-- ===== src/Rule/MatchString/Maps.antt =====
-- The three MapMatch of polaris/model/match_string.cpp against a description entry by entry.
use polaris_cpp.Base.{
  suc, ◌≤◌, Bool, true, false, none, some, List, [], ◌∷◌, ◌++◌, length, ltb, if◌then◌else◌, ◌&&◌,
  ◌≡◌, ◌≢◌, refl, ap, ◌∙◌, arith, inl, inr, Bool-cases, Option-cases, Key, String, string_key,
  lookup, erase, lookup-erase, IsUnique,
}
use polaris_cpp.Rule.MatchString.{
  Re2, MatchString, Metadata, RuleMetadata, is_parameter, comma, match_value, match_parameter,
  entry_loop, map_match, collect_loop, map_match_collect, given_loop, map_match_given,
}

module _ {K V : Type 0} ⦃key : Key K⦄ where
  length-erase_le : (k : K) (m : List (K × V)) → length (erase k m) ≤ length m
  unfolding erase
  length-erase_le k [] = omega arith
  length-erase_le k ((j, v) ∷ m) = ground (arith, length-erase_le k m)

  length-erase :
      (k : K) (m : List (K × V)) → lookup k m ≢ none → suc (length (erase k m)) ≤ length m
  unfolding erase lookup
  length-erase k [] h = elim (h refl) [ ]
  length-erase k ((j, v) ∷ m) h = ground (arith, length-erase k m, length-erase_le k m, h)

module _ {K V W : Type 0} ⦃key : Key K⦄ where
  -- A map whose keys are all in another is no larger.
  pub length-keys_le :
      (m : List (K × V)) (n : List (K × W))
      → IsUnique m
      → ((j : K) → lookup j m ≢ none → lookup j n ≢ none)
      → length m ≤ length n
  unfolding lookup
  length-keys_le [] n u h = omega arith
  length-keys_le ((k, v) ∷ m) n u h =
      let rest : length m ≤ length (erase k n) =
        length-keys_le m (erase k n) u.1
          (λ j i. let a = lookup-erase k j n in ground (arith, a, i, u.0, h j)) in
      let here = length-erase k n (ground (arith, h k)) in omega (arith, rest, here)

-- The conjunction of a test over the entries of a rule's metadata.
abbrev pub every : (String → MatchString → Bool) → RuleMetadata → Bool
every test [] = true
every test ((k, m) ∷ rules) = test k m && every test rules

every_found :
    (test : String → MatchString → Bool) (metadata : Metadata) (rules : RuleMetadata)
    → ((k : String) (m : MatchString) → test k m ≡ true → lookup k metadata ≢ none)
    → every test rules ≡ true
    → (j : String) → lookup j rules ≢ none
    → lookup j metadata ≢ none
unfolding lookup
every_found test metadata [] f e j h = elim (h refl) [ ]
every_found test metadata ((k, m) ∷ rules) f e j h =
    let a : test k m ≡ true = ground (arith, e) in
    let b : every test rules ≡ true = ground (arith, e) in
    ground (arith, f k m a, every_found test metadata rules f b j, h)

module _ (re : Re2) (metadata : Metadata) where
  -- The entry's key is in the metadata, and its value matches.
  abbrev pub accepts : String → MatchString → Bool
  accepts k m = elim (lookup k metadata) [ none ↦ false | some value ↦ match_value re m value ]

  -- The same, where a parameter's value is tested with the one that is given for its key.
  abbrev pub accepts_given : Metadata → String → MatchString → Bool
  accepts_given parameters k m = elim (lookup k metadata) [
    | none ↦ false
    | some value ↦
        if is_parameter m
        then elim (lookup k parameters) [
          | none ↦ false
          | some given ↦ match_parameter re m given value
        ]
        else match_value re m value
  ]

  accepts_found : (k : String) (m : MatchString) → accepts k m ≡ true → lookup k metadata ≢ none
  accepts_found k m e = ground (arith, e)

  accepts_given_found :
      (parameters : Metadata) (k : String) (m : MatchString)
      → accepts_given parameters k m ≡ true
      → lookup k metadata ≢ none
  accepts_given_found parameters k m e = ground (arith, e)

  entry_loop-every : (rules : RuleMetadata) → entry_loop re rules metadata ≡ every accepts rules
  unfolding entry_loop match_value
  entry_loop-every [] = refl
  entry_loop-every ((k, m) ∷ rules) = ground (arith, entry_loop-every rules)

  collect_loop-every :
      (rules : RuleMetadata) (separator parameters : String)
      → (collect_loop re rules metadata separator parameters).0 ≡ every accepts rules
  unfolding collect_loop match_value
  collect_loop-every [] separator parameters = refl
  collect_loop-every ((k, m) ∷ rules) separator parameters =
      elim (Option-cases (lookup k metadata)) [
        | inl e ↦ ground (arith, e)
        | inr (value, e) ↦
            let a = collect_loop-every rules comma (separator ++ value) in
            let b = collect_loop-every rules separator parameters in ground (arith, a, b, e)
      ]

  given_loop-every :
      (parameters : Metadata) (rules : RuleMetadata)
      → given_loop re rules metadata parameters ≡ every (accepts_given parameters) rules
  unfolding given_loop match_value match_parameter
  given_loop-every parameters [] = refl
  given_loop-every parameters ((k, m) ∷ rules) = ground (arith, given_loop-every parameters rules)

  -- The test of the sizes rejects nothing that the entries accept.
  sized :
      (test : String → MatchString → Bool) (rules : RuleMetadata)
      → IsUnique rules
      → ((k : String) (m : MatchString) → test k m ≡ true → lookup k metadata ≢ none)
      → (if ltb (length metadata) (length rules) then false else every test rules)
        ≡ every test rules
  sized test rules u f = elim (Bool-cases (every test rules)) [
    | inr e ↦ rw e (ground arith)
    | inl e ↦
        let le = length-keys_le rules metadata u (every_found test metadata rules f e) in
        rw e (ground (arith, le))
  ]

  -- Of the three MapMatch, the one without parameters and the one that returns them accept metadata
  -- exactly when every entry of the rule finds its key there with a value that matches, and the one
  -- that is given parameters exactly when, besides, the value of a parameter matches the given one:
  -- the test of the sizes that they begin with rejects nothing more.
  pub map_match-accepts :
      (rules : RuleMetadata) (parameters : Metadata) (old : String)
      → IsUnique rules
      → (map_match re rules metadata ≡ every accepts rules)
        × ((map_match_collect re rules metadata old).0 ≡ every accepts rules)
        × (map_match_given re rules metadata parameters ≡ every (accepts_given parameters) rules)
  unfolding map_match map_match_collect map_match_given
  map_match-accepts rules parameters old u =
      let plain = sized accepts rules u accepts_found in
      (
        rw (entry_loop-every rules) plain,
        ground (arith, collect_loop-every rules [] [], plain),
        rw (given_loop-every parameters rules)
            (sized (accepts_given parameters) rules u (accepts_given_found parameters)),
      )

-- The values of the rule's parameters, in the rule's order.
abbrev pub parameter_values : Metadata → RuleMetadata → List String
parameter_values metadata [] = []
parameter_values metadata ((k, m) ∷ rules) =
    let rest = parameter_values metadata rules in
    elim (lookup k metadata) [
      | none ↦ rest
      | some value ↦ if is_parameter m then value ∷ rest else rest
    ]

-- What the loop makes of the values: the last one, behind a separator where it is not the first.
abbrev pub overwritten : String → String → List String → String
overwritten separator old [] = old
overwritten separator old (v ∷ vs) = overwritten comma (separator ++ v) vs

overwritten_last :
    (v w : String) (vs : List String) → overwritten comma v (vs ++ w ∷ []) ≡ comma ++ w
overwritten_last v w [] = refl
overwritten_last v w (u ∷ vs) = overwritten_last (comma ++ u) w vs

module _ (re : Re2) (metadata : Metadata) where
  collect_loop_values :
      (rules : RuleMetadata) (separator parameters : String)
      → (collect_loop re rules metadata separator parameters).0 ≡ true
      → (collect_loop re rules metadata separator parameters).1
        ≡ overwritten separator parameters (parameter_values metadata rules)
  unfolding collect_loop match_value
  collect_loop_values [] separator parameters e = refl
  collect_loop_values ((k, m) ∷ rules) separator parameters e =
      elim (Option-cases (lookup k metadata)) [
        | inl o ↦ ground (arith, o, e)
        | inr (value, o) ↦
            let a = collect_loop_values rules comma (separator ++ value) in
            let b = collect_loop_values rules separator parameters in ground (arith, a, b, o, e)
      ]

  -- The argument that MapMatch fills with the values of the parameters is not appended to: for a rule
  -- with two or more parameters, metadata that matches gives the value of the last one behind a
  -- separator, whatever the values before it are, so that requests that differ only in those get
  -- the same string.
  pub parameters_last :
      (rules : RuleMetadata) (old v w : String) (vs : List String)
      → (map_match_collect re rules metadata old).0 ≡ true
      → parameter_values metadata rules ≡ v ∷ (vs ++ w ∷ [])
      → (map_match_collect re rules metadata old).1 ≡ comma ++ w
  unfolding map_match_collect
  parameters_last rules old v w vs e p = elim (Bool-cases (ltb (length metadata) (length rules))) [
    | inl t ↦ ground (arith, t, e)
    | inr t ↦ rw t (
        collect_loop_values rules [] [] (ground (arith, t, e))
        ∙ ap (overwritten [] []) p
        ∙ overwritten_last v w vs)
  ]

Task goal:
Every line containing the word "abbrev" must be copied from the material above.

Response to the task:
abbrev pub every : (String → MatchString → Bool) → RuleMetadata → Bool
  abbrev pub accepts : String → MatchString → Bool
  abbrev pub accepts_given : Metadata → String → MatchString → Bool
abbrev pub parameter_values : Metadata → RuleMetadata → List String
abbrev pub overwritten : String → String → List String → String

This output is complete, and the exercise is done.